One number that went up: the proportion of students qualifying as
college and/or career ready, which rose to 47 percent in 2011-12, from
38 percent the previous year. Mr. Holliday attributed that rise to the
state creating more career pathways and bringing more introductory
college courses to high school seniors to prevent the need for
postsecondary remediation.
“To get that much improvement in the first year is extraordinary, I
think,” said Bob King, the president of the Kentucky Council on
Postsecondary Education, based in Frankfort, Ky.
Preparing the Public
To combat a potential public backlash from the lower scores, Mr.

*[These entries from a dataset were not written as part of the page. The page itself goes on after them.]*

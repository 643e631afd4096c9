-- ===== src/Tenant.antt =====
-- app/tenant.py: the tenant context. The `ContextVar` itself is a field of the session
-- (Database.antt).
use jarvis_ai_coo.Prelude.{Text, codes, text_eq, Bool, ◌==◌}

abbrev pub owner_role : Text
owner_role = codes "owner"

abbrev pub member_role : Text
member_role = codes "member"

pub record TenantContext : Type 0 where
  pub organization_id : Text
  pub user_id : Text
  pub role : Text

-- the property `is_owner`
unfoldable pub is_owner : TenantContext → Bool
is_owner context = context.role == owner_role
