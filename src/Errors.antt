-- ===== src/Errors.antt =====
-- What a request can end with instead of a response: each `raise` of the routers and dependencies,
-- and the exceptions of the database layer that no handler catches (a response with status 500).
use jarvis_ai_coo.Prelude.{ℕ}

pub data Error : Type 0 where
  -- app/routers/skills.py
  skill_not_found version_not_found : Error
  active_immutable disabled_immutable : Error
  disabled_takes_no_version only_active_takes_versions : Error
  tool_not_requested empty_department : Error
  disabled_not_reactivated cannot_activate cannot_disable : Error
  -- app/dependencies.py
  missing_identity unknown_organization owner_only : Error
  -- app/routers/auth.py
  bad_ttl issuance_disabled : Error
  -- app/schemas.py, and the bounds that `Query` and `Field` declare
  validation_error : Error
  -- `IntegrityError`, `InvalidRequestError`, `MultipleResultsFound`; `UnicodeEncodeError`
  integrity_error stale_row multiple_results encode_error : Error

-- The status of the response.
unfoldable pub status_code : Error → ℕ
status_code skill_not_found = 404
status_code version_not_found = 404
status_code active_immutable = 409
status_code disabled_immutable = 409
status_code disabled_takes_no_version = 409
status_code only_active_takes_versions = 409
status_code tool_not_requested = 422
status_code empty_department = 422
status_code disabled_not_reactivated = 409
status_code cannot_activate = 409
status_code cannot_disable = 409
status_code missing_identity = 403
status_code unknown_organization = 403
status_code owner_only = 403
status_code bad_ttl = 422
status_code issuance_disabled = 503
status_code validation_error = 422
status_code integrity_error = 500
status_code stale_row = 500
status_code multiple_results = 500
status_code encode_error = 500
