-- ===== src/Database/Monad.antt =====
-- Sessions, and the monad of code that reads and writes one and may raise.
use jarvis_ai_coo.Prelude.{ℕ, Text, ◌+◌, Option, none, some, Bool, if◌then◌else◌}
use jarvis_ai_coo.Models.{Database}
use jarvis_ai_coo.Tenant.{TenantContext}
use jarvis_ai_coo.Errors.{Error}

-- What the program takes from the standard library: the n-th value of `uuid.uuid4`, the n-th
-- reading of `datetime.now`, the hexadecimal SHA-256 of a text's UTF-8 bytes, and `str.lower` and
-- `str.isalnum` (of one character), which go by the tables of Unicode.
pub record Env : Type 0 where
  pub uuid4 : ℕ → Text
  pub now : ℕ → ℕ
  pub sha256_hex : Text → Text
  pub lower : Text → Text
  pub is_alnum : ℕ → Bool

pub record Session : Type 0 where
  pub tenant : Option TenantContext
  pub stored : Database
  pub working : Database
  pub draws : ℕ

pub data Result {ℓ} (A : Type ℓ) : Type ℓ where
  ok : A → Result A
  raised : Error → Result A

abbrev pub Action : Type 0 → Type 0
Action A = Session → Result A × Session

module _ {A : Type 0} where
  unfoldable pub pure : A → Action A
  pure a s = (ok a, s)

  unfoldable pub raise : Error → Action A
  raise e s = (raised e, s)

  unfoldable pub or_raise : Option A → Error → Action A
  or_raise none e s = (raised e, s)
  or_raise (some a) e s = (ok a, s)

  unfoldable pub gets : (Session → A) → Action A
  gets f s = (ok (f s), s)

unfoldable pub raise_if : Bool → Error → Action Unit
raise_if c e s = (if c then raised e else ok tt, s)

-- A write of the session's own transaction.
unfoldable pub modify : (Database → Database) → Action Unit
modify f s = (ok tt, record s { working = f s.working })

abbrev pub resume : {A B : Type 0} → Result A → (A → Action B) → Action B
resume (ok a) f s = f a s
resume (raised e) f s = (raised e, s)

infixl 5 ◌>>=◌ ◌>>◌
-- To unfold this is to unfold the actions above.
unfoldable pub ◌>>=◌ : {A B : Type 0} → Action A → (A → Action B) → Action B
unfolding pure raise or_raise gets raise_if modify
◌>>=◌ m f s = let (r, s') = m s in resume r f s'

abbrev pub ◌>>◌ : {A B : Type 0} → Action A → Action B → Action B
m >> k = m >>= λ _. k

-- `await db.commit()`
unfoldable pub commit : Action Unit
commit s = (ok tt, record s { stored = s.working })

-- `new_uuid` and `utcnow` of app/models.py
unfoldable pub new_uuid : Env → Action Text
new_uuid env s = (ok (env.uuid4 s.draws), record s { draws = s.draws + 1 })

unfoldable pub utcnow : Env → Action ℕ
utcnow env s = (ok (env.now s.draws), record s { draws = s.draws + 1 })

-- The database outlives the request.
pub record Server : Type 0 where
  pub database : Database
  pub draws : ℕ

-- `AsyncSessionLocal()` as `get_db` uses it: a session for one request, with no tenant yet.
unfoldable pub open_session : Server → Session
open_session server = record {
  tenant = none;
  stored = server.database;
  working = server.database;
  draws = server.draws;
}

-- `get_db`: the session is closed behind the request, and what it did not commit is lost.
unfoldable pub get_db : {A : Type 0} → Action A → Server → Result A × Server
unfolding open_session
get_db request server =
    let (r, s) = request (open_session server) in
    (r, record { database = s.stored; draws = s.draws })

Holliday noted that he had enlisted the Kentucky Chamber of Commerce as
part of a yearlong public relations campaign.
Florida schools earlier this year endured a significant backlash
when proficiency rates on its state writing tests dropped by two-thirds
after a tougher grading system was introduced, forcing the state school
board to change the test’s cutoff score retroactively.

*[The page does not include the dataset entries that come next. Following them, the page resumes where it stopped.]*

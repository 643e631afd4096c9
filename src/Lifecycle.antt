-- ===== src/Lifecycle.antt =====
-- app/lifecycle.py: the state machine of a skill.
use jarvis_ai_coo.Prelude.{◌≡◌, refl, Bool, true, false, List, [], ◌∷◌, Eq, contains}
use jarvis_ai_coo.Models.{SkillStatus, draft, active, disabled}

status_dec : Discrete SkillStatus
status_dec = hlevel

instance unfoldable pub status_eq : Eq SkillStatus
unfolding status_dec
status_eq = record { dec = status_dec }

-- `TRANSITIONS`: the allowed targets of each state. Every status is a key of the dictionary.
transitions : SkillStatus → List SkillStatus
transitions draft = active ∷ disabled ∷ []
transitions active = disabled ∷ []
transitions disabled = []

unfoldable pub can_transition : SkillStatus → SkillStatus → Bool
unfolding transitions
can_transition source target = contains (transitions source) target

-- The order in which a skill moves through its life.
abbrev pub stage : SkillStatus → SkillStatus → Bool
stage draft active = true
stage draft disabled = true
stage active disabled = true
stage _ _ = false

pub can_transition-eq-stage : (s t : SkillStatus) → can_transition s t ≡ stage s t
unfolding can_transition status_eq
can_transition-eq-stage draft draft = refl
can_transition-eq-stage draft active = refl
can_transition-eq-stage draft disabled = refl
can_transition-eq-stage active draft = refl
can_transition-eq-stage active active = refl
can_transition-eq-stage active disabled = refl
can_transition-eq-stage disabled draft = refl
can_transition-eq-stage disabled active = refl
can_transition-eq-stage disabled disabled = refl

“We knew the scores were going to drop, but this is the
right thing for our kids, our schools,” he said. “You’re going to see
quite a different reaction in Kentucky because we watched what happened
everywhere else,” Mr. Holliday said.
But the transition for schools can be disappointing for some,
especially in the short term. Carmen Coleman, the superintendent of the
Danville Independent district, said she was proud of how the school
system had progressed over the past three years from a ranking of 110th
to 24th among the state’s 174 districts, only to tumble back to the
middle of the pack in the newest rankings of school districts.
“It’s a tough blow for teachers and students,” she said.
The Kentucky PTA has received grant money from the National PTA to
educate parents and others about the new standards, but the state
group’s president, Teri Gale, said it doesn’t mean people won’t be
caught off guard by the lower-than-usual results.
“They’ve heard us talk about it. They’ve seen the newscasts and
everything,” Ms. Gale said. “But until they actually see the scores, I
don’t think it’s going to hit home that this is what we were talking
about.
Related story at
State Ed Watch:
So we've provided you with a lot of election coverage
here at Education Week, but this week perhaps the biggest piece of K-12
news comes from Kentucky, when the first set of results from tests
based on the Common Core State Standards have been released.
You can read my story on the results here.
The highlight is that proficiency rates on the K-PREP tests for grades
3-8 dropped by roughly a third from their 2011 levels, although in
middle school math the plunge reached 45 percent. But when I spoke to
him, state Education Commissioner Terry Holliday said that Bluegrass
State students actually beat the predictions
for how well they would score, and attributed that relative success to
the good teaching in classrooms this year, the first the common
standards were implemented in Kentucky.
Is Holliday right? Or are the tests (which are not the common core
tests being developed by the two state consortia for 2014-15) not really
as rigorous as they should be? Both points of view are represented in
my story. But there's no doubt school officials across the country are
looking at the results, which could be a sign of things to come for
administrators, parents, teachers and students used to seeing relatively
high proficiency rates on accountability tests.
1 comment:
It's interesting! One comment says one cannot compare the new test with the old. The next set of comments does just that. In the early days of proficiency levels in NAEP it was said that such cut-points are arbitrary but not capricious. I think Kentucky now has both.
It would be interesting to compare rank orders of schools prior to KERA and those obtained in the latest testing. Looks to me like the rich remain rich or richer and nothing has changed for poor schools.